Segment Open
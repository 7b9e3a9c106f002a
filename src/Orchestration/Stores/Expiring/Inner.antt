-- ===== src/Orchestration/Stores/Expiring/Inner.antt =====
-- What the calls on the expiring cache do to the cache that it wraps.
use ai_augmented_generation.Prelude.{
  ◌≡◌, refl, sym, ◌∙◌, inl, inr, ℕ, String, Bool, true, false, Option, none, some, Eq, ◌==◌,
  ==_refl, if◌then◌else◌, Bool-cases,
}
use ai_augmented_generation.Prelude.Dict.{
  Dict, lookup, insert, IsDistinct, insert-IsDistinct, remove-IsDistinct,
}
use ai_augmented_generation.Orchestration.Stores.{Store, IsStore}
use ai_augmented_generation.Orchestration.Stores.Expiring.{
  Expiring, is_due, expire_if_due, begin_preload, finish_preload, preload_until, renew_present,
  renew_kept, renew, evict, contains_kept, contains,
}
use ai_augmented_generation.Orchestration.Stores.Expiring.Laws.{IsSoundExpiring}

module _ {K S H : Type 0} ⦃keys_eq : Eq K⦄ (store : Store K S H) (hit_of : String → H)
    (IsSound : S → Type 0) (view : S → K → Option H)
    (laws : IsStore store hit_of IsSound view) where
  -- The cache is sound, holds of the key nothing new, and of other keys what it held.
  pub record Keeps (k : K) (c c' : Expiring K S) : Type 0 where
    pub sound : IsSoundExpiring store hit_of IsSound view laws c'
    pub others : (j : K) → (k == j) ≡ false → view c'.inner j ≡ view c.inner j
    pub nothing_new : (hit : H) → view c'.inner k ≡ some hit → view c.inner k ≡ some hit

  module _ (k : K) (c : Expiring K S)
      (sound : IsSoundExpiring store hit_of IsSound view laws c) where
    pub view-evict :
        (j : K) → view (evict store c k).inner j ≡ (if k == j then none else view c.inner j)
    unfolding evict
    view-evict j = laws.view-evict c.inner k j sound.0

    gone : view (evict store c k).inner k ≡ none
    gone = view-evict k ∙ rw (==_refl k) refl

    pub evict-Keeps : Keeps k c (evict store c k)
    evict-Keeps = record {
      sound =
          unfold evict in
          (laws.evict-IsSound c.inner k sound.0, remove-IsDistinct k c.expiry sound.1);
      others = λ j other. view-evict j ∙ rw other refl;
      nothing_new = λ hit e. absurd (never hit (rw gone at e));
    }
      where
        never : (hit : H) → none ≡ some hit → ⊥
        never hit e = cc

    look-Keeps :
        (s : S) (expiry : Dict K (Option ℕ))
        → IsSound s
        → IsDistinct expiry
        → ((j : K) → view s j ≡ view c.inner j)
        → Keeps k c (record { inner = s; expiry = expiry })
    look-Keeps s expiry h distinct same = record {
      sound = (h, distinct);
      others = λ j other. same j;
      nothing_new = λ hit e. rw (same k) at e;
    }

    pub contains-Keeps : (now : ℕ) → Keeps k c ((contains store now c k).0)
    unfolding contains expire_if_due contains_kept
    contains-Keeps now = elim (Bool-cases (is_due now (lookup k c.expiry))) [
      | inl due ↦ rw due (unfold evict in evict-Keeps)
      | inr kept ↦ rw kept (
          look-Keeps ((store.contains c.inner k).0) c.expiry
            (laws.contains-IsSound c.inner k sound.0) sound.1
            (λ j. laws.view-contains c.inner k j sound.0))
    ]

    renew_present-Keeps :
        (until : Option ℕ) (found : S × Bool)
        → IsSound (found.0)
        → ((j : K) → view (found.0) j ≡ view c.inner j)
        → Keeps k c ((renew_present c k until found).0)
    unfolding renew_present
    renew_present-Keeps until (s, false) h same = look-Keeps s c.expiry h sound.1 same
    renew_present-Keeps until (s, true) h same =
        look-Keeps s (insert k until c.expiry) h (insert-IsDistinct k until c.expiry sound.1) same

    pub renew-Keeps : (now : ℕ) (until : Option ℕ) → Keeps k c ((renew store now c k until).0)
    unfolding renew expire_if_due renew_kept
    renew-Keeps now until = elim (Bool-cases (is_due now (lookup k c.expiry))) [
      | inl due ↦ rw due (unfold evict in evict-Keeps)
      | inr kept ↦ rw kept (
          renew_present-Keeps until (store.contains c.inner k)
            (laws.contains-IsSound c.inner k sound.0) (λ j. laws.view-contains c.inner k j sound.0))
    ]

    pub view-preload_until :
        (content : String) (until : Option ℕ) (j : K)
        → view (preload_until store c k content until).inner j
          ≡ (if k == j then some (hit_of content) else view c.inner j)
    unfolding preload_until begin_preload finish_preload
    view-preload_until content until j = laws.view-preload c.inner k j content sound.0

    pub preload_until-IsSound :
        (content : String) (until : Option ℕ)
        → IsSoundExpiring store hit_of IsSound view laws (preload_until store c k content until)
    unfolding preload_until begin_preload finish_preload
    preload_until-IsSound content until =
        (laws.preload-IsSound c.inner k content sound.0, insert-IsDistinct k until c.expiry sound.1)

  pub preload_evict-Keeps :
      (k : K) (c : Expiring K S) (content : String) (until : Option ℕ)
      → IsSoundExpiring store hit_of IsSound view laws c
      → Keeps k c (evict store (preload_until store c k content until) k)
  preload_evict-Keeps k c content until sound =
      let filled = preload_until store c k content until in
      let kept = evict-Keeps k filled (preload_until-IsSound k c sound content until) in
      record {
        sound = kept.sound;
        others = λ j other.
            kept.others j other ∙ view-preload_until k c sound content until j ∙ rw other refl;
        nothing_new = λ hit e.
            absurd (
              none-ne hit
                (sym (gone k filled (preload_until-IsSound k c sound content until)) ∙ e));
      }
    where
      none-ne : (hit : H) → none ≡ some hit → ⊥
      none-ne hit e = cc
Segment Closed
Work required - Lines containing the word "module": say how many there are in the material, with no other text.

Finished task - 2